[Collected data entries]
◇ ◇ ◇ ◇ ◇

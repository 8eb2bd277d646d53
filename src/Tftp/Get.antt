-- ===== src/Tftp/Get.antt =====
-- go-susi/tftp/get.go: the TFTP client. An `Event` is what one round of the loop of `writeReadUDP` meets.
-- The three loops, of the rounds, of the wait for the right sender and of the packets, each take the next
-- event, so they are one recursion on the events.
pub mod Blocks
pub mod Laws
pub mod Short
pub mod Tests
use limux_gosa.Base.{
  ℕ, suc, ◌+◌, ◌-◌, ◌*◌, ◌/◌, ◌%◌, Bool, true, false, not, ◌&&◌, ◌||◌, Option, none, some, List, [],
  ◌∷◌, ◌++◌, ◌==◌, ltb, length, take, drop, if◌then◌else◌,
}
use limux_gosa.Base.Text.{Text, codes}
use limux_gosa.Tftp.Ack.{byte_at}

-- The datagram that came in, with its port, or none where sending or reading failed; and whether the
-- time is over by the end of the round.
pub record Event : Type 0 where
  pub datagram : Option (ℕ × Text)
  pub is_late : Bool

-- What a round of `writeReadUDP` comes to.
pub data Attempt : Type 0 where
  retry : Attempt
  give_up : Attempt
  received : ℕ → Text → Attempt

unfoldable pub attempt_of : Option (ℕ × Text) → Bool → Attempt
attempt_of none late = if late then give_up else retry
attempt_of (some (port, bytes)) late =
    let buf = take 512 bytes in
    if ltb (length buf) 4 then (if late then give_up else retry) else received port buf

-- The local variables of `Get`, what it has written to `w`, and what it has given to `WriteToUDP`.
pub record Get : Type 0 where
  -- the port of `remote_addr`, which the first answer sets
  pub port : Option ℕ
  pub blockid : ℕ
  pub ack : Text
  -- what the next round sends: the request, later the ACK
  pub to_write : Text
  pub written : Text
  pub sent : List Text

-- What a packet, and what the whole call comes to.
pub data Outcome : Type 0 where
  -- the next round
  goes_on : Get → Outcome
  done : Get → Outcome
  wrong_number : Outcome
  no_data : Outcome
  write_error : Outcome
  timed_out : Outcome

-- `byte(blockid >> 8)` and `byte(blockid & 0xff)` in bytes 2 and 3
unfoldable pub has_number : Text → ℕ → Bool
has_number buf n = byte_at buf 2 == (n / 256) % 256 && byte_at buf 3 == n % 256

-- The packet with the block that is due.
unfoldable pub next_block : Bool → Text → Get → Outcome
next_block accepts buf g =
    let ack = 0 ∷ 4 ∷ (g.blockid / 256) % 256 ∷ g.blockid % 256 ∷ [] in
    let written = g.written ++ drop 4 buf in
    if not accepts
    then write_error
    else if ltb (length buf) 512
    then done (record g { ack = ack; written = written; sent = g.sent ++ ack ∷ [] })
    else goes_on
        (record g { ack = ack; to_write = ack; written = written; blockid = g.blockid + 1 })

-- The body of the loop over the packets; the flag says that `w` takes the data.
unfoldable pub handle_packet : Bool → Text → Get → Outcome
unfolding next_block has_number
handle_packet accepts buf g =
    if byte_at buf 0 == 0 && byte_at buf 1 == 3
    then if has_number buf g.blockid
      then next_block accepts buf g
      else if has_number buf (g.blockid - 1)
      then goes_on (record g { to_write = g.ack })
      else wrong_number
    else no_data

unfoldable pub is_sender : Option ℕ → ℕ → Bool
is_sender none port = true
is_sender (some p) port = port == p

-- What comes of the round: a packet from another port is passed over.
unfoldable pub after_attempt : (ℕ → Bool) → Attempt → Get → Outcome
unfolding handle_packet is_sender
after_attempt accepts retry g = goes_on g
after_attempt accepts give_up g = timed_out
after_attempt accepts (received port buf) g =
    if is_sender g.port port
    then handle_packet (accepts g.blockid) buf (record g { port = some port })
    else goes_on g

-- Where there is no result yet, what comes next.
unfoldable pub and_then : Outcome → (Get → Outcome) → Outcome
and_then (goes_on g) next = next g
and_then (done g) next = done g
and_then wrong_number next = wrong_number
and_then no_data next = no_data
and_then write_error next = write_error
and_then timed_out next = timed_out

-- The rounds, as far as there are events.
unfoldable pub get_loop : (ℕ → Bool) → List Event → Get → Outcome
unfolding after_attempt attempt_of and_then
get_loop accepts [] g = goes_on g
get_loop accepts (e ∷ es) g =
    let asked = record g { sent = g.sent ++ g.to_write ∷ [] } in
    and_then (after_attempt accepts (attempt_of e.datagram e.is_late) asked) (get_loop accepts es)

unfoldable pub get_request : Text → Text
get_request path = 0 ∷ 1 ∷ path ++ 0 ∷ codes "octet" ++ 0 ∷ []

abbrev pub start_get : Text → Get
start_get path = record {
  port = none;
  blockid = 1;
  ack = 0 ∷ 4 ∷ 0 ∷ 0 ∷ [];
  to_write = get_request path;
  written = [];
  sent = [];
}

-- `Get`, from the point where the socket is open. `accepts n` says that `w` takes the data of block n.
unfoldable pub get : Text → (ℕ → Bool) → List Event → Outcome
unfolding get_loop get_request
get path accepts events = get_loop accepts events (start_get path)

◇ ◇ ◇ ◇ ◇

• _What the exercise asks_
Exactly as written, output all of the entries.

• _Solution to this problem_
repository 8eb2bd277d646d53
filename src/Tftp/Get.antt
-- ===== src/Tftp/Get.antt =====
-- go-susi/tftp/get.go: the TFTP client. An `Event` is what one round of the loop of `writeReadUDP` meets.
-- The three loops, of the rounds, of the wait for the right sender and of the packets, each take the next
-- event, so they are one recursion on the events.
pub mod Blocks
pub mod Laws
pub mod Short
pub mod Tests
use limux_gosa.Base.{
  ℕ, suc, ◌+◌, ◌-◌, ◌*◌, ◌/◌, ◌%◌, Bool, true, false, not, ◌&&◌, ◌||◌, Option, none, some, List, [],
  ◌∷◌, ◌++◌, ◌==◌, ltb, length, take, drop, if◌then◌else◌,
}
use limux_gosa.Base.Text.{Text, codes}
use limux_gosa.Tftp.Ack.{byte_at}

-- The datagram that came in, with its port, or none where sending or reading failed; and whether the
-- time is over by the end of the round.
pub record Event : Type 0 where
  pub datagram : Option (ℕ × Text)
  pub is_late : Bool

-- What a round of `writeReadUDP` comes to.
pub data Attempt : Type 0 where
  retry : Attempt
  give_up : Attempt
  received : ℕ → Text → Attempt

unfoldable pub attempt_of : Option (ℕ × Text) → Bool → Attempt
attempt_of none late = if late then give_up else retry
attempt_of (some (port, bytes)) late =
    let buf = take 512 bytes in
    if ltb (length buf) 4 then (if late then give_up else retry) else received port buf

-- The local variables of `Get`, what it has written to `w`, and what it has given to `WriteToUDP`.
pub record Get : Type 0 where
  -- the port of `remote_addr`, which the first answer sets
  pub port : Option ℕ
  pub blockid : ℕ
  pub ack : Text
  -- what the next round sends: the request, later the ACK
  pub to_write : Text
  pub written : Text
  pub sent : List Text

-- What a packet, and what the whole call comes to.
pub data Outcome : Type 0 where
  -- the next round
  goes_on : Get → Outcome
  done : Get → Outcome
  wrong_number : Outcome
  no_data : Outcome
  write_error : Outcome
  timed_out : Outcome

-- `byte(blockid >> 8)` and `byte(blockid & 0xff)` in bytes 2 and 3
unfoldable pub has_number : Text → ℕ → Bool
has_number buf n = byte_at buf 2 == (n / 256) % 256 && byte_at buf 3 == n % 256

-- The packet with the block that is due.
unfoldable pub next_block : Bool → Text → Get → Outcome
next_block accepts buf g =
    let ack = 0 ∷ 4 ∷ (g.blockid / 256) % 256 ∷ g.blockid % 256 ∷ [] in
    let written = g.written ++ drop 4 buf in
    if not accepts
    then write_error
    else if ltb (length buf) 512
    then done (record g { ack = ack; written = written; sent = g.sent ++ ack ∷ [] })
    else goes_on
        (record g { ack = ack; to_write = ack; written = written; blockid = g.blockid + 1 })

-- The body of the loop over the packets; the flag says that `w` takes the data.
unfoldable pub handle_packet : Bool → Text → Get → Outcome
unfolding next_block has_number
handle_packet accepts buf g =
    if byte_at buf 0 == 0 && byte_at buf 1 == 3
    then if has_number buf g.blockid
      then next_block accepts buf g
      else if has_number buf (g.blockid - 1)
      then goes_on (record g { to_write = g.ack })
      else wrong_number
    else no_data

unfoldable pub is_sender : Option ℕ → ℕ → Bool
is_sender none port = true
is_sender (some p) port = port == p

-- What comes of the round: a packet from another port is passed over.
unfoldable pub after_attempt : (ℕ → Bool) → Attempt → Get → Outcome
unfolding handle_packet is_sender
after_attempt accepts retry g = goes_on g
after_attempt accepts give_up g = timed_out
after_attempt accepts (received port buf) g =
    if is_sender g.port port
    then handle_packet (accepts g.blockid) buf (record g { port = some port })
    else goes_on g

-- Where there is no result yet, what comes next.
unfoldable pub and_then : Outcome → (Get → Outcome) → Outcome
and_then (goes_on g) next = next g
and_then (done g) next = done g
and_then wrong_number next = wrong_number
and_then no_data next = no_data
and_then write_error next = write_error
and_then timed_out next = timed_out

-- The rounds, as far as there are events.
unfoldable pub get_loop : (ℕ → Bool) → List Event → Get → Outcome
unfolding after_attempt attempt_of and_then
get_loop accepts [] g = goes_on g
get_loop accepts (e ∷ es) g =
    let asked = record g { sent = g.sent ++ g.to_write ∷ [] } in
    and_then (after_attempt accepts (attempt_of e.datagram e.is_late) asked) (get_loop accepts es)

unfoldable pub get_request : Text → Text
get_request path = 0 ∷ 1 ∷ path ++ 0 ∷ codes "octet" ++ 0 ∷ []

abbrev pub start_get : Text → Get
start_get path = record {
  port = none;
  blockid = 1;
  ack = 0 ∷ 4 ∷ 0 ∷ 0 ∷ [];
  to_write = get_request path;
  written = [];
  sent = [];
}

-- `Get`, from the point where the socket is open. `accepts n` says that `w` takes the data of block n.
unfoldable pub get : Text → (ℕ → Bool) → List Event → Outcome
unfolding get_loop get_request
get path accepts events = get_loop accepts events (start_get path)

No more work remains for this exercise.